Acer today unveiled its self-driving concept car at the Taiwan Automotive Technology Innovation Summit 2018, in collaboration with Yulon Group, one of Taiwan’s top automakers and its subsidiaries automotive electronics provider HAITEC and car brand Luxgen. Integrating Acer’s autonomous driving system with the Luxgen S3 electric vehicle platform, the two companies demonstrated their level 41-ready self-driving concept car, showcasing their shared vision of AI (artificial intelligence) and autonomous driving technology.
“Both the automotive and ICT industries are going through a paradigm shift; automation, connectivity, electrification, and ‘servicification’ are key trends of future development,” said Edward Lin, Associate Vice President, Value Lab, Acer Inc. “In the realm of smart transportation, Acer already has a foothold in electronic ticketing, smart parking, connected car, and traffic prediction, and we’re excited to work with Yulon Group to venture into self-driving cars.”

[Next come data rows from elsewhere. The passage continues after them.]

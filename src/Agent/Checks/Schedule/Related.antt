-- ===== src/Agent/Checks/Schedule/Related.antt =====
-- Which pairs `priv_conn_check_unfreeze_related` of agent/conncheck.c unfreezes.
use libnice4android.Prelude.{
  ℕ, suc, ◌+◌, Bool, true, false, not, ◌&&◌, some, List, [], ◌∷◌, ◌==◌, if◌then◌else◌, ◌≡◌, ◌≢◌,
  ◌↔◌, ◌⊎◌, refl, ap, ap₂, arith, Bool-cases, inl, inr, All, All-mono, ==_iff,
}
use libnice4android.Stun.Message.{bytes_eq}
use libnice4android.Agent.Address.Laws.{bytes_eq→eq, bytes_eq_sym}
use libnice4android.Agent.Checks.Components.{all_components_ready}
use libnice4android.Agent.Checks.{
  CheckState, frozen, waiting, in_progress, succeeded, failed, cancelled, discovered, is, Stream,
  CheckPair,
}
use libnice4android.Agent.Checks.Schedule.Unfreeze.{
  unfreeze_loop, unfreeze_others, unfreeze_next, set_stream, unfreeze_related,
}

-- Where no pair is selected, the loop changes nothing.
unfreeze_loop_none :
    (selects : ℕ → Bool) (foundation : List ℕ) (pairs : List CheckPair)
    → All (λ p. selects p.stream_id ≡ false) pairs
    → unfreeze_loop selects foundation pairs ≡ (0, pairs)
unfolding unfreeze_loop
unfreeze_loop_none selects foundation [] h = refl
unfreeze_loop_none selects foundation (p ∷ more) h = rw h.0 (
    ap₂ (λ (n : ℕ) (l : List CheckPair). (n, p ∷ l))
      (ap (λ (r : ℕ × List CheckPair). r.0) (unfreeze_loop_none selects foundation more h.1))
      (ap (λ (r : ℕ × List CheckPair). r.1) (unfreeze_loop_none selects foundation more h.1)))

not_selected : (id s other : ℕ) → id ≡ other → (id == s && not (id == other)) ≡ false
not_selected id s other e = ground arith

-- Step 2 of `priv_conn_check_unfreeze_related` unfreezes nothing: it goes through the list of the stream
-- of the check for each stream of the agent, and the pairs of this list are all of that stream.
pub unfreeze_others-nothing :
    (streams : List Stream) (ok_check : CheckPair) (unfrozen : ℕ) (pairs : List CheckPair)
    → All (λ p. p.stream_id ≡ ok_check.stream_id) pairs
    → unfreeze_others streams ok_check unfrozen pairs ≡ (unfrozen, pairs)
unfolding unfreeze_others
unfreeze_others-nothing [] ok_check unfrozen pairs h = refl
unfreeze_others-nothing (s ∷ more) ok_check unfrozen pairs h =
    let idle =
      unfreeze_loop_none (λ id. id == s.id && not (id == ok_check.stream_id)) ok_check.foundation
        pairs (All-mono _ _ pairs (λ p e. not_selected p.stream_id s.id ok_check.stream_id e) h) in
    rw idle (ground (arith, unfreeze_others-nothing more ok_check (unfrozen + 0) pairs h))

-- The frozen pairs of the foundation come to wait, `n` of them; every other pair stays as it is.
pub data Unfrozen (foundation : List ℕ) : List CheckPair → List CheckPair → ℕ → Type 0 where
  nil : Unfrozen foundation [] [] 0
  thawed :
      {p : CheckPair} {more more' : List CheckPair} {n : ℕ}
      → p.state ≡ frozen
      → p.foundation ≡ foundation
      → Unfrozen foundation more more' n
      → Unfrozen foundation (p ∷ more) (record p { state = waiting } ∷ more') (suc n)
  kept :
      {p : CheckPair} {more more' : List CheckPair} {n : ℕ}
      → (p.state ≢ frozen) ⊎ (p.foundation ≢ foundation)
      → Unfrozen foundation more more' n
      → Unfrozen foundation (p ∷ more) (p ∷ more') n

is_frozen_iff : (s : CheckState) → (is s frozen ≡ true) ↔ (s ≡ frozen)
is_frozen_iff frozen = ((λ h. refl), (λ h. refl))
is_frozen_iff waiting = ((λ h. cc), (λ h. cc))
is_frozen_iff in_progress = ((λ h. cc), (λ h. cc))
is_frozen_iff succeeded = ((λ h. cc), (λ h. cc))
is_frozen_iff failed = ((λ h. cc), (λ h. cc))
is_frozen_iff cancelled = ((λ h. cc), (λ h. cc))
is_frozen_iff discovered = ((λ h. cc), (λ h. cc))

-- The first loop, on a list whose pairs all have the stream of the check.
unfreeze_loop-Unfrozen :
    (id : ℕ) (foundation : List ℕ) (pairs : List CheckPair)
    → All (λ p. p.stream_id ≡ id) pairs
    → (let r = unfreeze_loop (λ k. k == id) foundation pairs in Unfrozen foundation pairs r.1 r.0)
unfolding unfreeze_loop
unfreeze_loop-Unfrozen id foundation [] h = nil
unfreeze_loop-Unfrozen id foundation (p ∷ more) h =
    let here : (p.stream_id == id) ≡ true = (==_iff p.stream_id id).1 h.0 in
    let rest = unfreeze_loop-Unfrozen id foundation more h.1 in
    elim (Bool-cases (is p.state frozen)) [
      | inl e ↦ elim (Bool-cases (bytes_eq p.foundation foundation)) [
        | inl f ↦
            rw (here, e, f)
              (thawed ((is_frozen_iff p.state).0 e) (bytes_eq→eq p.foundation foundation f) rest)
        | inr f ↦
            rw (here, e, f) (kept (inr (λ same. other_text p.foundation foundation same f)) rest)
      ]
      | inr e ↦ rw (here, e) (kept (inl (λ same. thawing p.state same e)) rest)
    ]
  where
    other_text : (xs ys : List ℕ) → xs ≡ ys → ¬ (bytes_eq xs ys ≡ false)
    other_text xs ys same f = cc (f, bytes_eq_sym xs ys same)

    thawing : (s : CheckState) → s ≡ frozen → ¬ (is s frozen ≡ false)
    thawing s same e = cc (e, (is_frozen_iff s).1 same)

Unfrozen-All :
    {foundation : List ℕ} {pairs pairs' : List CheckPair} {n : ℕ} (id : ℕ)
    → Unfrozen foundation pairs pairs' n
    → All (λ p. p.stream_id ≡ id) pairs
    → All (λ p. p.stream_id ≡ id) pairs'
Unfrozen-All id nil h = tt
Unfrozen-All id (thawed e f rest) h = (h.0, Unfrozen-All id rest h.1)
Unfrozen-All id (kept e rest) h = (h.0, Unfrozen-All id rest h.1)

-- After the check of a pair succeeded, in a stream whose pairs all have its number:
-- `priv_conn_check_unfreeze_related` lets exactly the frozen pairs of the stream that have the foundation
-- of the pair wait, and changes no other pair and nothing else of them; where there is none, it goes on
-- with `priv_conn_check_unfreeze_next`. No assertion fails, and the other streams stay as they are
-- otherwise.
pub unfreeze_related-Unfrozen :
    (streams : List Stream) (stream : Stream) (ok_check : CheckPair)
    → is ok_check.state succeeded ≡ true
    → stream.id ≡ ok_check.stream_id
    → All (λ p. p.stream_id ≡ ok_check.stream_id) stream.conncheck_list
    → (pairs' : List CheckPair) × (n : ℕ) × Unfrozen ok_check.foundation stream.conncheck_list
        pairs' n
      × (unfreeze_related streams stream ok_check
          ≡ some (
              let thawed_streams = set_stream streams (record stream { conncheck_list = pairs' }) in
              if n == 0 then (unfreeze_next thawed_streams).1 else thawed_streams))
unfolding unfreeze_related
unfreeze_related-Unfrozen streams stream ok_check ended own all =
    let r =
      unfreeze_loop (λ k. k == ok_check.stream_id) ok_check.foundation stream.conncheck_list in
    let step =
      unfreeze_loop-Unfrozen ok_check.stream_id ok_check.foundation stream.conncheck_list all in
    let here : (stream.id == ok_check.stream_id) ≡ true =
      (==_iff stream.id ok_check.stream_id).1 own in
    let idle =
      unfreeze_others-nothing streams ok_check r.0 r.1 (Unfrozen-All ok_check.stream_id step all) in
    (
      r.1,
      r.0,
      step,
      elim (Bool-cases (all_components_ready stream.components)) [
        | inl e ↦ rw (ended, here, e, idle) refl
        | inr e ↦ rw (ended, here, e) refl
      ],
    )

Lin also added, “With Acer’s strength across software, hardware, and services, we’re in a great position to leverage our AI technology and fulfill the vision of Mobility as a Service (MaaS).”
“Autonomous driving is the future trend of the automotive industry, manufacturers around the world are stepping up from level 2 autonomous driving to level 3 and 4,” said Jung-Kuei Chen, Vice President, Product Engineering Group II, HAITEC. “With Acer, we’ve jointly unveiled Taiwan’s first self-driving concept car with ADAS (Advanced Driver Assistance Systems), IoV (Internet of Vehicles) and autonomous driving technology. Integrating Acer’s expertise in AI and the cloud with HAITEC’s self-developed open vehicle platform, we’ve achieved so much through our cross-industry collaboration.”
The level 4-ready self-driving concept car is based on the Luxgen S3 electric vehicle platform, with Acer’s autonomous driving system encompassing sensing, decision-making and control. Acer’s self-driving system leverages AI and sensor fusion algorithms fed with data from real-time kinematic (RTK) positioning, cameras, Lidars, MMW radars, IMU (inertial measurement unit) and ultrasonic sensors. It also uses deep learning technology to conduct object recognition, and then implements dynamic vehicle control to realize autonomous driving.
Acer’s self-driving system makes dynamic vehicle control decisions through AI models based on key data including image recognition, 3D Lidar obstacle detection, high-precision maps and real-time positioning to help the car steer, brake, cruise, maneuver, or park. It also has a cloud management system for car sharing services so that a control center can dispatch vehicles when users make transportation requests through their mobile device. The cloud management system can manage scheduling, monitoring, notification, and reporting, and allows safety monitoring and human intervention.
In the future, Acer’s self-driving system can enable multiple levels of autonomous driving, with plans to open the platform to partners and developers to collaborate on next-generation self-driving services.
1 The SAE (Society of Automotive Engineers) has defined autonomous driving into five levels. Level 4 stands for “High Automation”, with the automated driving system taking care of all aspects of the dynamic driving task, even if a human driver does not respond appropriately to a request to intervene.